Ihr seid: *Spitze* *!!!*


----------



## Jürgen-V (5. März 2008)

*AW: 1 1/2 Zoll Spiralschlauch wie mit Eingang DN 110 verbinden?*

merke dir eins 
nicht verzagen................ forum fragen


----------



## Jürgen-V (7. März 2008)

*AW: 1 1/2 Zoll Spiralschlauch wie mit Eingang DN 110 verbinden?*

hallo rüdiger
eins interssiert mich doch....wie hast du es den jetzt gelöst?

gruß
jürgen


----------



## A6er (7. März 2008)

*AW: 1 1/2 Zoll Spiralschlauch wie mit Eingang DN 110 verbinden?*



			
				jürgen und heike schrieb:
			
		

> hallo rüdiger
> eins interssiert mich doch....wie hast du es den jetzt gelöst?
> 
> gruß
> jürgen



Ich fürchte, jetzt kommt nicht die Antowrt, die DU (Ihr) erwartet hattet:

Nachdem ich in 2 in meiner Gegend erreichbaren Baumärkten war und weder einen passenden Regentonnen-Verbinder (den gabe es nur in 1 1/4", brauchen tu ich 1 1/2", eine passende Schlauchtülle etc. gefunden habe, habe ich aufgegeben.

Die einzige Möglichkeit wäre dann gewesen, von 110er auf 50er und dann auf 40 er Rohr zu verkürzen und dann den 1 1/2"  Schlauch zu erhitzen bzw. versuchen über das 40er Rohr zu schieben.

Trotzdem,
vieeeeelen Dank für eure wertvollen Tipps (wenn ich auch leider keinen verwirklicht habe).
Irgendwie blieben mir dann aber Restzweifel (oder vielmehr Sorgen) dass eine der HT-Verbindungen durch den Wasserdruck sich irgendwann lösen könnte und es mir dann den Teich leer pumpt  

Also, was habe ich gemacht:

Ich habe mir für viiiiiiiiiel zu teuere EUR 25,- bzw. 29,- incl.

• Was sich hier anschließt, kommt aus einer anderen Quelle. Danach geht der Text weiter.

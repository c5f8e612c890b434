-- ===== src/Mailbox/Letter.antt =====
-- The entry of a message in the shared memory of mailbox_framework/kernel/mbox_kern.c.
use c_data_structures.Prelude.{
  ℕ, ◌+◌, ◌%◌, ◌<◌, ◌≤◌, ◌≡◌, ◌∙◌, ◌⊎◌, inl, ap, List, [], arith, if◌then◌else◌, leb, length,
  get_or,
}
use c_data_structures.Mailbox.Memory.{
  Memory, put_bytes, get_bytes, put_bytes-inside, put_bytes-outside,
}
use c_data_structures.Mailbox.Types.{u16, u32, Received}
use c_data_structures.Mailbox.Transfer.{entry_msg_id, entry_bytes, header, fill_entry}
use c_data_structures.Mailbox.Receive.{read_entry}

pub fill_entry-header :
    (m : Memory) (entry msg_id pid channel flags : ℕ) (payload : List ℕ) (i : ℕ)
    → i < 20
    → fill_entry m entry msg_id pid channel flags payload (entry + i)
      ≡ get_or (header msg_id pid channel flags (u16 (length payload))) i 0
unfolding fill_entry
fill_entry-header m entry msg_id pid channel flags payload i lt =
    let bytes = header msg_id pid channel flags (u16 (length payload)) in
    put_bytes-outside (put_bytes m entry bytes) (entry + 20) payload (entry + i) (inl (omega arith))
    ∙ put_bytes-inside m entry bytes i lt

pub fill_entry-outside :
    (m : Memory) (entry msg_id pid channel flags : ℕ) (payload : List ℕ) (i : ℕ)
    → ((i < entry) ⊎ (entry + 20 + length payload ≤ i))
    → fill_entry m entry msg_id pid channel flags payload i ≡ m i
unfolding fill_entry
fill_entry-outside m entry msg_id pid channel flags payload i out =
    let bytes = header msg_id pid channel flags (u16 (length payload)) in
    put_bytes-outside (put_bytes m entry bytes) (entry + 20) payload i (ground arith)
    ∙ put_bytes-outside m entry bytes i (ground arith)

-- A message as it should come back.
abbrev pub letter : (msg_id channel flags : ℕ) → List ℕ → Received
letter msg_id channel flags payload = record {
  msg_id = msg_id;
  channel = channel;
  flags = flags % 256;
  size = length payload;
  payload = payload;
}

-- The bytes at `entry` are this header.
abbrev pub IsHeader : Memory → (entry msg_id pid channel flags size : ℕ) → Type 0
IsHeader m entry msg_id pid channel flags size =
    (i : ℕ) → i < 20 → m (entry + i) ≡ get_or (header msg_id pid channel flags (u16 size)) i 0

IsHeader-msg_id :
    (m : Memory) (entry msg_id pid channel flags size : ℕ)
    → IsHeader m entry msg_id pid channel flags size
    → entry_msg_id m entry ≡ u32 msg_id
IsHeader-msg_id m entry msg_id pid channel flags size h =
    let z : entry + 0 ≡ entry = omega arith in
    omega
      (arith, ap m z, h 0 (omega arith), h 1 (omega arith), h 2 (omega arith), h 3 (omega arith))

IsHeader-size :
    (m : Memory) (entry msg_id pid channel flags size : ℕ)
    → IsHeader m entry msg_id pid channel flags size
    → entry_bytes m entry ≡ u16 size
IsHeader-size m entry msg_id pid channel flags size h =
    let z : entry + 19 ≡ entry + 18 + 1 = omega arith in
    omega (arith, ap m z, h 18 (omega arith), h 19 (omega arith))

pub IsHeader-read_entry :
    (m : Memory) (entry msg_id pid channel flags size max_size : ℕ)
    → IsHeader m entry msg_id pid channel flags size
    → size < 65536
    → size ≤ max_size
    → read_entry m entry max_size ≡ record {
      msg_id = u32 msg_id;
      channel = channel % 256;
      flags = flags % 256;
      size = size;
      payload = get_bytes m (entry + 20) size;
    }
unfolding read_entry
IsHeader-read_entry m entry msg_id pid channel flags size max_size h short fits =
    let e1 = IsHeader-msg_id m entry msg_id pid channel flags size h in
    let e2 : entry_bytes m entry ≡ size =
      omega (arith, IsHeader-size m entry msg_id pid channel flags size h) in
    let e3 = h 16 (omega arith) in
    let e4 = h 17 (omega arith) in
    let e5 : (if leb (entry_bytes m entry) max_size
          then get_bytes m (entry + 20) (entry_bytes m entry)
          else [])
        ≡ get_bytes m (entry + 20) size =
      ground (arith, ap (get_bytes m (entry + 20)) e2) in
    cc
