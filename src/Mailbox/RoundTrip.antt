-- ===== src/Mailbox/RoundTrip.antt =====
-- Sending a message and receiving it in mailbox_framework/kernel/mbox_kern.c.
use c_data_structures.Prelude.{
  ℕ, zero, suc, ◌+◌, ◌*◌, ◌%◌, ◌<◌, ◌≤◌, ◌≡◌, ◌≢◌, ◌∙◌, refl, sym, ap, ap₂, Bool, true, Option,
  some, List, arith, if◌then◌else◌, ltb, leb, ◌==◌, if_intro, length,
}
use c_data_structures.Prelude.Int.{ℤ, pos, negsuc}
use c_data_structures.Prelude.Run.{Run, ok, ◌>>=◌}
use c_data_structures.Mailbox.Memory.{Memory, get_bytes, get_bytes-put_bytes}
use c_data_structures.Mailbox.Types.{u32, MboxQueue, Mailbox, Received}
use c_data_structures.Mailbox.Transfer.{
  entry_channel, fill_entry, mbox_get_entry, unlocked, sent, mbox_queue_full, mbox_enqueue,
}
use c_data_structures.Mailbox.Receive.{
  matches, find_entry, received, read_entry, taken, take_message,
}
use c_data_structures.Mailbox.Window.{IsQueue}
use c_data_structures.Mailbox.Letter.{letter, fill_entry-header, IsHeader, IsHeader-read_entry}

-- The entries after a message was stored.
abbrev pub stored : (pid : ℕ) → Mailbox → (channel : ℕ) → List ℕ → (flags : ℕ) → Memory
stored pid mbox channel payload flags =
    fill_entry mbox.entries (mbox_get_entry mbox.queue mbox.queue.head)
      (u32 (mbox.queue.total_sent + 1)) pid channel flags payload

pub unlocked-mailbox :
    (ret : ℤ) (mbox : Mailbox)
    → ((unlocked ret mbox).1.queue ≡ mbox.queue) × ((unlocked ret mbox).1.entries ≡ mbox.entries)
unfolding unlocked
unlocked-mailbox (pos n) mbox = (refl, refl)
unlocked-mailbox (negsuc n) mbox = (refl, refl)

pub mbox_enqueue-stored :
    (pid : ℕ) (mbox : Mailbox) (channel : ℕ) (payload : List ℕ) (flags : ℕ)
    → length payload ≤ mbox.queue.msg_size
    → mbox.queue.count < mbox.queue.depth
    → ((mbox_enqueue pid mbox channel payload flags).1.queue ≡ sent mbox.queue (length payload))
      × ((mbox_enqueue pid mbox channel payload flags).1.entries
          ≡ stored pid mbox channel payload flags)
unfolding mbox_enqueue mbox_queue_full
mbox_enqueue-stored pid mbox channel payload flags fits room =
    let Goal : ℤ × Mailbox → Type 0 = λ t.
      (t.1.queue ≡ sent mbox.queue (length payload))
      × (t.1.entries ≡ stored pid mbox channel payload flags) in
    if_intro Goal (ltb mbox.queue.msg_size (length payload)) _ _ (λ e. ground arith)
      (λ e.
        if_intro Goal (leb mbox.queue.depth mbox.queue.count) _ _ (λ e. ground arith)
          (λ e. unlocked-mailbox _ _))

find_entry-here :
    (left : ℕ) (q : MboxQueue) (e : Memory) (mask i : ℕ)
    → 0 < left
    → i ≢ q.head
    → matches mask (entry_channel e (mbox_get_entry q i)) ≡ ok true
    → find_entry left q e mask i ≡ ok (some i)
unfolding find_entry
find_entry-here zero q e mask i deep some_left match = ground arith
find_entry-here (suc left) q e mask i deep some_left match =
    if_intro (λ (r : Run (Option ℕ)). r ≡ ok (some i)) (i == q.head) _ _ (λ h. ground arith)
      (λ h.
        ap
          (λ (r : Run Bool).
            r >>= λ found. if found then ok (some i) else find_entry left q e mask (u32 (i + 1)))
          match)

-- A pass over a mailbox whose next message is in the slot at `tail`.
pub take_message-here :
    (m : Mailbox) (mask max_size : ℕ)
    → 0 < m.queue.depth
    → m.queue.tail ≢ m.queue.head
    → matches mask (entry_channel m.entries (mbox_get_entry m.queue m.queue.tail)) ≡ ok true
    → take_message m mask max_size ≡ ok (taken m max_size (some m.queue.tail))
unfolding take_message
take_message-here m mask max_size deep some_left match =
    ap (λ r. r >>= λ found. ok (taken m max_size found))
      (find_entry-here m.queue.depth m.queue m.entries mask m.queue.tail deep some_left match)

pub matches-lt : (mask channel : ℕ) → matches mask channel ≡ ok true → channel < 32
unfolding matches
matches-lt mask channel e = ground arith

-- A pass over the mailbox `m` takes a message with the fields and bytes in `got`, and no slot is
-- left in use.
abbrev pub TakesLast : Mailbox → (mask : ℕ) → (count : ℕ) → Received → Type 0
TakesLast m mask count got =
    (after : Mailbox) × (take_message m mask m.queue.msg_size ≡ ok (some got, after))
    × (after.queue.head ≡ after.queue.tail)
    × (after.queue.count ≡ count)

stored-TakesLast :
    (pid : ℕ) (mbox m : Mailbox) (channel : ℕ) (payload : List ℕ) (flags mask : ℕ)
    → IsQueue mbox.queue
    → mbox.queue.head ≡ mbox.queue.tail
    → mbox.queue.count < mbox.queue.depth
    → length payload ≤ mbox.queue.msg_size
    → length payload < 65536
    → matches mask channel ≡ ok true
    → m.queue ≡ sent mbox.queue (length payload)
    → m.entries ≡ stored pid mbox channel payload flags
    → TakesLast m mask mbox.queue.count
        (letter (u32 (mbox.queue.total_sent + 1)) channel flags payload)
unfolding taken received sent mbox_get_entry fill_entry
stored-TakesLast pid mbox m channel payload flags mask h empty room fits short match e1 e2 =
    let entry = mbox_get_entry mbox.queue mbox.queue.head in
    let head_eq = ap (λ q. q.head) e1 in
    let tail_eq = ap (λ q. q.tail) e1 in
    let depth_eq = ap (λ q. q.depth) e1 in
    let size_eq = ap (λ q. q.msg_size) e1 in
    let count_eq = ap (λ q. q.count) e1 in
    let same : mbox_get_entry m.queue m.queue.tail ≡ entry =
      ap₂ (λ a b. a % b * 20) (tail_eq ∙ sym empty) depth_eq in
    let heading : IsHeader m.entries entry (u32 (mbox.queue.total_sent + 1)) pid channel flags
        (length payload) =
      λ i lt.
        ap (λ (e : Memory). e (entry + i)) e2
        ∙ fill_entry-header mbox.entries entry _ pid channel flags payload i lt in
    let small = matches-lt mask channel match in
    let got =
      IsHeader-read_entry m.entries entry _ pid channel flags (length payload) m.queue.msg_size
        heading short (omega arith) in
    let bytes : get_bytes m.entries (entry + 20) (length payload) ≡ payload =
      ap (λ (e : Memory). get_bytes e (entry + 20) (length payload)) e2
      ∙ get_bytes-put_bytes _ (entry + 20) payload in
    let id_eq : u32 (u32 (mbox.queue.total_sent + 1)) ≡ u32 (mbox.queue.total_sent + 1) =
      omega arith in
    let channel_eq : channel % 256 ≡ channel = omega arith in
    let found : m.entries (mbox_get_entry m.queue m.queue.tail + 16) ≡ channel =
      ap (λ e. m.entries (e + 16)) same ∙ (heading 16 (omega arith) ∙ channel_eq) in
    let readback : read_entry m.entries (mbox_get_entry m.queue m.queue.tail) m.queue.msg_size
        ≡ letter (u32 (mbox.queue.total_sent + 1)) channel flags payload =
      ap (λ e. read_entry m.entries e m.queue.msg_size) same ∙ (got ∙ cc) in
    let after = (taken m m.queue.msg_size (some m.queue.tail)).1 in
    (
      after,
      take_message-here m mask m.queue.msg_size (omega arith) (ground arith)
            (ap (matches mask) found ∙ match)
          ∙ ap (λ (r : Received). ok (some r, after)) readback,
      omega arith,
      omega arith,
    )

-- On a valid mailbox without a message and with a free slot, after `mbox_enqueue` of a payload
-- that fits a message and 16 bits, on a channel below 32 that the mask has, the next pass of
-- `mbox_dequeue` hands out the message: the next identifier, the channel, the low byte of the
-- flags, and the payload's bytes; it leaves no message and the count as it was.
pub mbox_enqueue-take_message :
    (pid : ℕ) (mbox : Mailbox) (channel : ℕ) (payload : List ℕ) (flags mask : ℕ)
    → IsQueue mbox.queue
    → mbox.queue.head ≡ mbox.queue.tail
    → mbox.queue.count < mbox.queue.depth
    → length payload ≤ mbox.queue.msg_size
    → length payload < 65536
    → matches mask channel ≡ ok true
    → TakesLast
        (mbox_enqueue pid mbox channel payload flags).1
        mask
        mbox.queue.count
        (letter (u32 (mbox.queue.total_sent + 1)) channel flags payload)
mbox_enqueue-take_message pid mbox channel payload flags mask h empty room fits short match =
    let (e1, e2) = mbox_enqueue-stored pid mbox channel payload flags fits room in
    stored-TakesLast pid mbox (mbox_enqueue pid mbox channel payload flags).1 channel payload flags
      mask h empty room fits short match e1 e2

Versand ein passendes Anschluss-Set für den Eingang des C30 im Internet bestellt :


----------



## Jürgen-V (8. März 2008)

*AW: 1 1/2 Zoll Spiralschlauch wie mit Eingang DN 110 verbinden?*

hallo rüdiger
ich sage dir mal nicht was ich schon in meinen teich gesteckt habe. :? 

aber das wichtigere ist doch das es funzt. 
gruß
jürgen


----------